WHAT YOU ARE ASKED TO DO:
In the records below, find the line holding "mode.undone x.handle (tweak" and the line holding "drop k coded_rest)". Set down both, with every line between them, exactly.
START DATA IN THIS EXERCISE
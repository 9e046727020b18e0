-- ===== src/Crypto/Xts.antt =====
-- include/fnx/crypto.hpp, `AesXtsNintendo`: sectors of 0x200 bytes, each with its number as tweak.
use mathlib.Core.Option
use fuse_nx.Prelude.{
  ℕ, ◌≤◌, zero, suc, ◌+◌, ◌*◌, ◌/◌, ◌^◌, ◌<◌, ◌≡◌, refl, sym, ap, ◌∙◌, arith, false, not,
  if◌then◌else◌, ltb, ◌==◌, List, [], ◌∷◌, ◌++◌, length, take, drop, length-append, length-take,
  Option, none, some,
}
use fuse_nx.Prelude.Words.{u64}
use fuse_nx.Prelude.Slices.{take-append, drop-append, take_all}
use fuse_nx.Prelude.Bytes.{to_le, length-to_le}
use fuse_nx.Crypto.{
  Backend, Handle, CipherBase, cipher_base, decrypt, xts, set_iv, key_of, bswap64, decrypted,
}

pub record AesXts : Type 0 where
  pub base : CipherBase
  pub open base use {handle, key}
  pub sector : ℕ

unfoldable pub aes_xts : List ℕ → ℕ → AesXts
unfolding cipher_base
aes_xts key sector = record { base = cipher_base key; sector = sector }

-- Nintendo's tweak is the byte-swapped number.
unfoldable pub tweak : ℕ → List ℕ
unfolding bswap64
tweak sector = to_le 8 0 ++ to_le 8 (bswap64 sector)

-- `set_sector`, with the error code that it returns.
unfoldable pub set_sector : Backend → AesXts → ℕ → ℕ × AesXts
unfolding tweak
set_sector b x sector =
    let handle = set_iv (tweak sector) ∷ x.handle in
    (
      b.set_iv_error handle,
      record x { base = record (x.base) { handle = handle }; sector = sector },
    )

pub record Decrypted : Type 0 where
  pub error : ℕ
  pub bytes : List ℕ
  pub after : AesXts

-- The loop of `decrypt`, for the sectors that are left. A sector is decrypted whole, so one that
-- the buffer does not hold is an access out of bounds.
unfoldable pub decrypt_sectors : Backend → ℕ → AesXts → List ℕ → Option Decrypted
unfolding set_sector decrypt
decrypt_sectors b zero x bytes = some (record { error = 0; bytes = bytes; after = x })
decrypt_sectors b (suc n) x bytes =
    let (rc, x1) = set_sector b x x.sector in
    let (out, base) = decrypt b xts x1.base (take 0x200 bytes) in
    let x2 : AesXts = record x1 { base = base } in
    let rest =
      decrypt_sectors b n (record x2 { sector = u64 (x2.sector + 1) }) (drop 0x200 bytes) in
    if ltb (length bytes) 0x200
    then none
    else if not (rc == 0)
    then some (record { error = rc; bytes = bytes; after = x1 })
    else if not (out.error == 0)
    then some (record { error = out.error; bytes = out.bytes ++ drop 0x200 bytes; after = x2 })
    else Option.map {A = Decrypted} (λ r. record r { bytes = out.bytes ++ r.bytes }) rest

-- `decrypt` in place.
unfoldable pub decrypt_xts : Backend → AesXts → List ℕ → Option Decrypted
unfolding decrypt_sectors
decrypt_xts b x bytes = decrypt_sectors b ((length bytes + 0x1ff) / 0x200) x bytes

-- A cipher on sectors: from a key and a tweak, the encryption of a sector.
abbrev pub SectorCipher : Type 0
SectorCipher = List ℕ → List ℕ → List ℕ → List ℕ

-- XTS mode as it is documented: with a tweak set, one sector is decrypted by the key and the tweak
-- alone, which undoes the encryption.
pub record IsXtsMode (b : Backend) (encrypt : SectorCipher) : Type 0 where
  pub tweaked : (h : Handle) (iv : List ℕ) → length iv ≡ 16 → b.set_iv_error (set_iv iv ∷ h) ≡ 0
  pub keeps_length : (key iv plain : List ℕ) → length (encrypt key iv plain) ≡ length plain
  pub undone :
      (h : Handle) (iv plain : List ℕ)
      → length iv ≡ 16
      → length plain ≡ 0x200
      → b.run xts (set_iv iv ∷ h) (encrypt (key_of h) iv plain)
        ≡ record { error = 0; bytes = plain }

-- Consecutive sectors from a number on, encrypted.
pub encrypt_sectors : SectorCipher → List ℕ → ℕ → ℕ → List ℕ → List ℕ
encrypt_sectors encrypt key s zero plain = plain
encrypt_sectors encrypt key s (suc n) plain =
    encrypt key (tweak s) (take 0x200 plain)
    ++ encrypt_sectors encrypt key (u64 (s + 1)) n (drop 0x200 plain)

length-tweak : (s : ℕ) → length (tweak s) ≡ 16
unfolding tweak
length-tweak s = omega (
  arith,
  length-append (to_le 8 0) (to_le 8 (bswap64 s)),
  length-to_le 8 0,
  length-to_le 8 (bswap64 s),
)

pub take_append_drop : (n : ℕ) (xs : List ℕ) → take n xs ++ drop n xs ≡ xs
take_append_drop zero xs = refl
take_append_drop (suc n) [] = refl
take_append_drop (suc n) (x ∷ xs) = ap (◌∷◌ x) (take_append_drop n xs)

pub length-encrypt_sectors :
    {b : Backend} {encrypt : SectorCipher}
    → IsXtsMode b encrypt
    → (key : List ℕ) (s n : ℕ) (plain : List ℕ)
    → length (encrypt_sectors encrypt key s n plain) ≡ length plain
unfolding encrypt_sectors
length-encrypt_sectors mode key s zero plain = refl
length-encrypt_sectors {b} {encrypt} mode key s (suc n) plain = omega (
  arith,
  length-append (encrypt key (tweak s) (take 0x200 plain))
      (encrypt_sectors encrypt key (u64 (s + 1)) n (drop 0x200 plain)),
  mode.keeps_length key (tweak s) (take 0x200 plain),
  length-encrypt_sectors mode key (u64 (s + 1)) n (drop 0x200 plain),
  length-append (take 0x200 plain) (drop 0x200 plain),
  ap (length {A = ℕ}) (take_append_drop 0x200 plain),
)

not_below : (xs : List ℕ) → 0x200 ≤ length xs → ltb (length xs) 0x200 ≡ false
not_below xs h = ground arith

-- Decrypting so many sectors from a number on gives what was encrypted from that number on,
-- reports no error, keeps the key, and leaves the number of the next sector.
pub decrypt_sectors-encrypt_sectors :
    {b : Backend} {encrypt : SectorCipher}
    → IsXtsMode b encrypt
    → (n : ℕ) (x : AesXts) (plain : List ℕ) → length plain ≡ n * 0x200
    → x.sector + n < 2 ^ 64
    → (x' : AesXts) × (decrypt_sectors b n x
          (encrypt_sectors encrypt (key_of x.handle) x.sector n plain)
        ≡ some (record { error = 0; bytes = plain; after = x' }))
      × (key_of x'.handle ≡ key_of x.handle)
      × (x'.sector ≡ x.sector + n)
unfolding decrypt_sectors encrypt_sectors
decrypt_sectors-encrypt_sectors mode zero x plain size room = (x, refl, refl, omega arith)
decrypt_sectors-encrypt_sectors {b} {encrypt} mode (suc n) x plain size room =
    let (x', run_rest, keyed, counted) =
      decrypt_sectors-encrypt_sectors mode n next (drop 0x200 plain)
        (omega (arith, halves, head_size)) (omega arith) in
    (
      x',
      rw
          (
            taken,
            dropped,
            large,
            mode.tweaked x.handle (tweak x.sector) (length-tweak x.sector),
            mode.undone x.handle (tweak x.sector) (take 0x200 plain) (length-tweak x.sector)
                head_size,
            run_rest,
            take_append_drop 0x200 plain,
          )
          refl,
      keyed,
      counted ∙ omega arith,
    )
  where
    coded : List ℕ
    coded = encrypt (key_of x.handle) (tweak x.sector) (take 0x200 plain)

    coded_rest : List ℕ
    coded_rest = encrypt_sectors encrypt (key_of x.handle) (u64 (x.sector + 1)) n (drop 0x200 plain)

    next : AesXts
    next = record {
      base = record {
        handle = decrypted (length coded) ∷ set_iv (tweak x.sector) ∷ x.handle;
        key = x.key;
      };
      sector = u64 (x.sector + 1);
    }

    halves : length (take 0x200 plain) + length (drop 0x200 plain) ≡ length plain
    halves =
        sym (length-append (take 0x200 plain) (drop 0x200 plain))
        ∙ ap (length {A = ℕ}) (take_append_drop 0x200 plain)

    head_size : length (take 0x200 plain) ≡ 0x200
    head_size = length-take 0x200 plain ∙ omega arith

    coded_size : length coded ≡ 0x200
    coded_size = mode.keeps_length (key_of x.handle) (tweak x.sector) (take 0x200 plain) ∙ head_size

    taken : take 0x200 (coded ++ coded_rest) ≡ coded
    taken =
        take-append 0x200 coded coded_rest (omega (arith, coded_size))
        ∙ take_all 0x200 coded (omega (arith, coded_size))

    dropped : drop 0x200 (coded ++ coded_rest) ≡ coded_rest
    dropped =
        drop-append 0x200 coded coded_rest (omega (arith, coded_size))
        ∙ ap (λ (k : ℕ). drop k coded_rest) {y = 0} (omega (arith, coded_size))

    large : ltb (length (coded ++ coded_rest)) 0x200 ≡ false
    large =
        not_below (coded ++ coded_rest) (omega (arith, length-append coded coded_rest, coded_size))

-- The same of `decrypt`, which counts the sectors itself.
pub decrypt_xts-encrypt_sectors :
    {b : Backend} {encrypt : SectorCipher}
    → IsXtsMode b encrypt
    → (n : ℕ) (x : AesXts) (key : List ℕ) (sector : ℕ) (plain : List ℕ) → length plain ≡ n * 0x200
    → key_of x.handle ≡ key
    → x.sector ≡ sector
    → sector + n < 2 ^ 64
    → (x' : AesXts) × (decrypt_xts b x (encrypt_sectors encrypt key sector n plain)
        ≡ some (record { error = 0; bytes = plain; after = x' }))
      × (key_of x'.handle ≡ key)
      × (x'.sector ≡ sector + n)
unfolding decrypt_xts
decrypt_xts-encrypt_sectors {b} {encrypt} mode n x key sector plain size keyed numbered room =
    let (x', run, kept, counted) =
      decrypt_sectors-encrypt_sectors mode n x plain size (omega (arith, numbered)) in
    (
      x',
      ap (λ (m : ℕ). decrypt_sectors b m x (encrypt_sectors encrypt key sector n plain)) {y = n}
            (omega (arith, length-encrypt_sectors mode key sector n plain))
          ∙ rw (sym keyed, sym numbered) run,
      kept ∙ keyed,
      counted ∙ omega (arith, numbered),
    )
END DATA IN THIS EXERCISE
ANSWER BOX:
            mode.undone x.handle (tweak x.sector) (take 0x200 plain) (length-tweak x.sector)
                head_size,
            run_rest,
            take_append_drop 0x200 plain,
          )
          refl,
      keyed,
      counted ∙ omega arith,
    )
  where
    coded : List ℕ
    coded = encrypt (key_of x.handle) (tweak x.sector) (take 0x200 plain)

    coded_rest : List ℕ
    coded_rest = encrypt_sectors encrypt (key_of x.handle) (u64 (x.sector + 1)) n (drop 0x200 plain)

    next : AesXts
    next = record {
      base = record {
        handle = decrypted (length coded) ∷ set_iv (tweak x.sector) ∷ x.handle;
        key = x.key;
      };
      sector = u64 (x.sector + 1);
    }

    halves : length (take 0x200 plain) + length (drop 0x200 plain) ≡ length plain
    halves =
        sym (length-append (take 0x200 plain) (drop 0x200 plain))
        ∙ ap (length {A = ℕ}) (take_append_drop 0x200 plain)

    head_size : length (take 0x200 plain) ≡ 0x200
    head_size = length-take 0x200 plain ∙ omega arith

    coded_size : length coded ≡ 0x200
    coded_size = mode.keeps_length (key_of x.handle) (tweak x.sector) (take 0x200 plain) ∙ head_size

    taken : take 0x200 (coded ++ coded_rest) ≡ coded
    taken =
        take-append 0x200 coded coded_rest (omega (arith, coded_size))
        ∙ take_all 0x200 coded (omega (arith, coded_size))

    dropped : drop 0x200 (coded ++ coded_rest) ≡ coded_rest
    dropped =
        drop-append 0x200 coded coded_rest (omega (arith, coded_size))
        ∙ ap (λ (k : ℕ). drop k coded_rest) {y = 0} (omega (arith, coded_size))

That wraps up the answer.